Figure 7. β1-integrins orient polarity via an endocytic mechanism

(a) Confocal images of monolayer ICR MECs (i) untreated or pre-treated for 1 h with (ii) MitMAB or (iii) dynasore prior to 6 h BM-overlay. Blocking dynamin prevented ZO1-internalization by the BM-overlay. Note that dynamin inhibition by itself slightly reduced apical tight junctions compared to untreated controls, possibly as a result of decreased vesicle budding from the Golgi , but no further loss occurred in response to the BM-overlay. Bar: 8μm. (b) MECs infected with adenoviruses expressing TetR alone, TetR + K44A-dynamin1 or TetR + K44A-dynamin2, then cultured in 3D on BM-matrix. DN-dynamin prevented relocation of aPKC to the internal luminal surface and polarization of acini. Note that these acini resemble day 1 of the developmental time course (cf Fig. 3a) Bar: 10μm. (c) MECs infected with adenoviruses expressing TetR alone, TetR + S34NRab5a and then cultured in 3D on BM-matrix. DN-Rab5a prevented relocation of aPKC to the internal luminal surface and polarization of acini. Bar: 10μm. (d) Left panels: confluent monolayers of WT MECs displayed apical tight junctions (ZO1) and basolateral β1-integrin. (i) Z-section (ii, iii) confocal view. Right panels: BM-overlay induced ZO1 disruption in WT but not β1-KO MECs. Confocal plan views were merged from the top and middle to show both ZO1 and nuclei. Bar: 8μm (e) Surface biotinylation of cells followed by 6 h BM-overlay then blotting of endocytosed Claudin 7. i) (1-5) Monolayer controls, (6,7) BM-overlay. (1,2) Efficiency of biotin stripping from the surface at 4°C: (1) unstripped, and (2) stripped monolayers. (3-7) To induce endocytosis, cells were switched to 37°C after biotin labelling: (3) no biotin, (4) monolayer, (5) monolayer +4OHT, (6) BM-overlay, (7) BM-overlay +4OHT. ii) ImageJ64 quantification of endocytosed Claudin7 immunoblots. Histogram represents mean values +/− s.e.m for error bars of n=3 experiments. Note that BM-overlay increased Claudin 7 endocytosis (cf 4,6), which was prevented by β1-integrin deletion (cf 6,7). See also Supplementary Figs 7, 8.

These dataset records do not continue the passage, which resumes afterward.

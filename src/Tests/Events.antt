-- ===== src/Tests/Events.antt =====
-- Tests of the way from an event to its effect: handleEvent of a channel, and handleRead of the acceptor
-- and of a connection, in the network of Servers.
use network_library_baseon_c.Base.{ℕ, ◌≡◌, refl, true, List, [], ◌∷◌, none, some, arith, ok, lookup}
use network_library_baseon_c.Buffer.{iov_lengths}
use network_library_baseon_c.Channel.{Channel, Callbacks, handle_event, index_added}
use network_library_baseon_c.Channel.Dispatch.{call_each, select, all_kinds, handle_event_lem}
use network_library_baseon_c.EventLoop.{is_in_loop_thread}
use network_library_baseon_c.EventLoopThreadPool.{EventLoopThreadPool, get_next_loop, next_of}
use network_library_baseon_c.TcpServer.{Net, enter, set_server, new_connection}
use network_library_baseon_c.TcpServer.AtOnce.{OpenedAtOnce, new_connection-OpenedAtOnce}
use network_library_baseon_c.TcpServer.Making.{NewTo}
use network_library_baseon_c.Tests.Toy.{toy, toy-EpollCtlLaw, toy-SocketLaw}
use network_library_baseon_c.Tests.Servers.{tcp_server, net, user, one-Named}

-- Callbacks that note that they are called; there is none for writing.
abbrev noting : Callbacks (List ℕ)
noting = record {
  read_callback = some (λ t w. ok (t ∷ w));
  write_callback = none;
  close_callback = some (λ w. ok (1 ∷ w));
  error_callback = some (λ w. ok (2 ∷ w));
}

-- EPOLLERR and EPOLLHUP, with EPOLLIN.
abbrev broken : Channel
broken = record { fd = 7; events = 3; revents = 25; index = index_added; tied = true }

handle_event_lem_example :
    handle_event noting broken true 9 [] ≡ call_each noting 9 (select 25 all_kinds) []
handle_event_lem_example = handle_event_lem noting 9 broken true []

abbrev lens : List ℕ
lens = iov_lengths ((net 2).app.connections 0).input

-- A server without a pool of threads.
abbrev lone_pool : EventLoopThreadPool
lone_pool = record { base_loop = 1; started = true; num_threads = 0; next = 0; loops = [] }

abbrev lone : Net toy (List ℕ)
lone = set_server toy (record tcp_server { thread_pool = lone_pool }) (net 1)

lone-NewTo : NewTo toy 1 9 lone
unfolding lookup
lone-NewTo = record { unknown = refl; unwatched = refl; no_wakeup = refl }

base_next : get_next_loop lone_pool ≡ ok (1, lone_pool)
unfolding get_next_loop next_of
base_next = refl

near : is_in_loop_thread toy 1 (enter toy 1 lone) ≡ true
unfolding is_in_loop_thread
near = refl

new_connection-OpenedAtOnce_example :
    OpenedAtOnce toy user 4 9 1 lone_pool lone (new_connection toy user 1 4 50 9 lone)
new_connection-OpenedAtOnce_example =
    new_connection-OpenedAtOnce toy user toy-EpollCtlLaw toy-SocketLaw 1 4 50 9 0 lone_pool lone
      (omega arith) (omega arith) one-Named lone-NewTo base_next near
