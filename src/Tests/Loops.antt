-- ===== src/Tests/Loops.antt =====
-- Tests of EventLoop: its queue of functors, its rounds, and its wakeups.
use network_library_baseon_c.Base.{
  ℕ, zero, suc, ◌<◌, ◌≡◌, ◌≢◌, ◌⊎◌, refl, true, false, List, [], ◌∷◌, ◌++◌, arith, Outcome, ok,
}
use network_library_baseon_c.EventLoop.{Reactor, do_pending_functors, loop, quit}
use network_library_baseon_c.Channel.{index_new}
use network_library_baseon_c.EventLoop.Pending.{run_script, woken, do_pending_functors_fifo}
use network_library_baseon_c.EventLoop.Interleave.{
  Action, other_push, other_wakeup, self_queue, poll_returns, read_wakeup, set_calling,
  swap_functors, call_functor, clear_calling, polling, step, run, start,
}
use network_library_baseon_c.EventLoop.Wakeups.{run_no_lost_wakeup, run_fifo}
use network_library_baseon_c.EventLoop.Creation.OwnThread.{
  create_in_thread, OneLoopOr, create_in_thread-OneLoop,
}
use network_library_baseon_c.EventLoopThreadPool.{EventLoopThreadPool}
use network_library_baseon_c.EventLoopThreadPool.RoundRobin.{get_loops, get_loops_round}
use network_library_baseon_c.Tests.Toy.{toy-EpollCtlLaw, toy-CreateLaw}
use network_library_baseon_c.Tests.Toy.{toy, quiet}

-- A push during the calls of functors, with the round of the loop that it meets.
abbrev busy : List (Action ℕ)
busy =
    other_push 1
    ∷ other_wakeup
    ∷ poll_returns true
    ∷ read_wakeup
    ∷ set_calling
    ∷ swap_functors
    ∷ self_queue 2
    ∷ call_functor
    ∷ clear_calling
    ∷ []

busy-polling : (run start busy).phase ≡ polling
unfolding run step
busy-polling = refl

busy-pending : (run start busy).pending ≢ []
unfolding run step
busy-pending e = cc

run_no_lost_wakeup_example : (0 < (run start busy).wakeups) ⊎ (0 < (run start busy).pushed)
run_no_lost_wakeup_example = run_no_lost_wakeup busy busy-polling busy-pending

run_fifo_example :
    (run start busy).queued
    ≡ (run start busy).called ++ ((run start busy).running ++ (run start busy).pending)
run_fifo_example = run_fifo busy

-- A functor queues the one below it.
abbrev countdown : ℕ → List ℕ
countdown zero = []
countdown (suc n) = n ∷ []

abbrev reactor : List ℕ → Reactor toy ℕ (List ℕ)
reactor pending = record {
  loop = record {
    looping = false;
    quit = false;
    thread_id = 1;
    poll_return_time = 0;
    poller = record { epollfd = 3; channels = []; event_list_size = 16 };
    wakeup_fd = 5;
    wakeup_channel = 30;
    active_channels = [];
    calling_pending_functors = false;
    pending_functors = pending;
  };
  kernel = quiet;
  channels = λ ptr. record { fd = 5; events = 0; revents = 0; index = index_new; tied = false };
  app = [];
}

do_pending_functors_fifo_example :
    (r' : Reactor toy ℕ (List ℕ)) × (do_pending_functors toy
        (run_script countdown toy)
        (reactor (2 ∷ 1 ∷ []))
      ≡ ok r')
    × (r'.app ≡ 2 ∷ 1 ∷ [])
    × (r'.loop.pending_functors ≡ 1 ∷ 0 ∷ [])
    × (r'.kernel ≡ woken toy 5 2 quiet)
    × (r'.loop.calling_pending_functors ≡ false)
do_pending_functors_fifo_example = do_pending_functors_fifo countdown toy (reactor (2 ∷ 1 ∷ []))

-- The functor 0 calls quit() from the thread of the loop.
abbrev handle_nothing : ℕ → ℕ → Reactor toy ℕ (List ℕ) → Outcome (Reactor toy ℕ (List ℕ))
handle_nothing ptr time r = ok r

abbrev quit_on_zero : ℕ → Reactor toy ℕ (List ℕ) → Outcome (Reactor toy ℕ (List ℕ))
quit_on_zero zero r = ok (quit toy r.loop.thread_id r)
quit_on_zero (suc n) r = ok r

create_in_thread-OneLoop_example :
    OneLoopOr toy ℕ {S = List ℕ} 1 30
      (reactor []).channels
      []
      9
      false
      0
      quiet
      (create_in_thread toy false 9 0 1 30 quiet (reactor []).channels [])
create_in_thread-OneLoop_example =
    create_in_thread-OneLoop toy ℕ 1 30 (reactor []).channels [] toy-EpollCtlLaw toy-CreateLaw false
      9 0 quiet

-- A pool of three loops, whose next is the second.
abbrev pool : EventLoopThreadPool
pool = record {
  base_loop = 1;
  started = true;
  num_threads = 3;
  next = 1;
  loops = 10 ∷ 20 ∷ 30 ∷ [];
}

get_loops_round_example : get_loops 3 pool ≡ ok (20 ∷ 30 ∷ 10 ∷ [], pool)
get_loops_round_example = get_loops_round pool (omega arith)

Figure 8. β1 integrin signalling specifies the orientation and maintenance of epithelial polarity and the formation of lumens

(a) β1-integrin was ablated in MECs after acini had polarized and developed lumens. Note the inversion of polarity detected by (i) TRITC phalloidin and (ii) aPKC. Bar: 10 μm. (b) Temporal sequence of how BM-integrin engagement remodel a neo-basolateral surface. i) Initially, cells are unpolarized with fragmented Golgi and apical markers at the membrane. ii) Engagement of β1-integrins with the BM first recruits ILK to instruct the orientation of polarity. Integrin/ILK then polarize MTs along the apico-basal axis by interacting with their plus ends followed by endocytosis of apical components from this surface. iii) Integrins/ ILK regulate internal cell polarity by positioning the Golgi apparatus sub-apically which further aids polarized trafficking to the membrane. A new apical face is established on the membrane opposing the BM, which subsequently leads to lumen formation.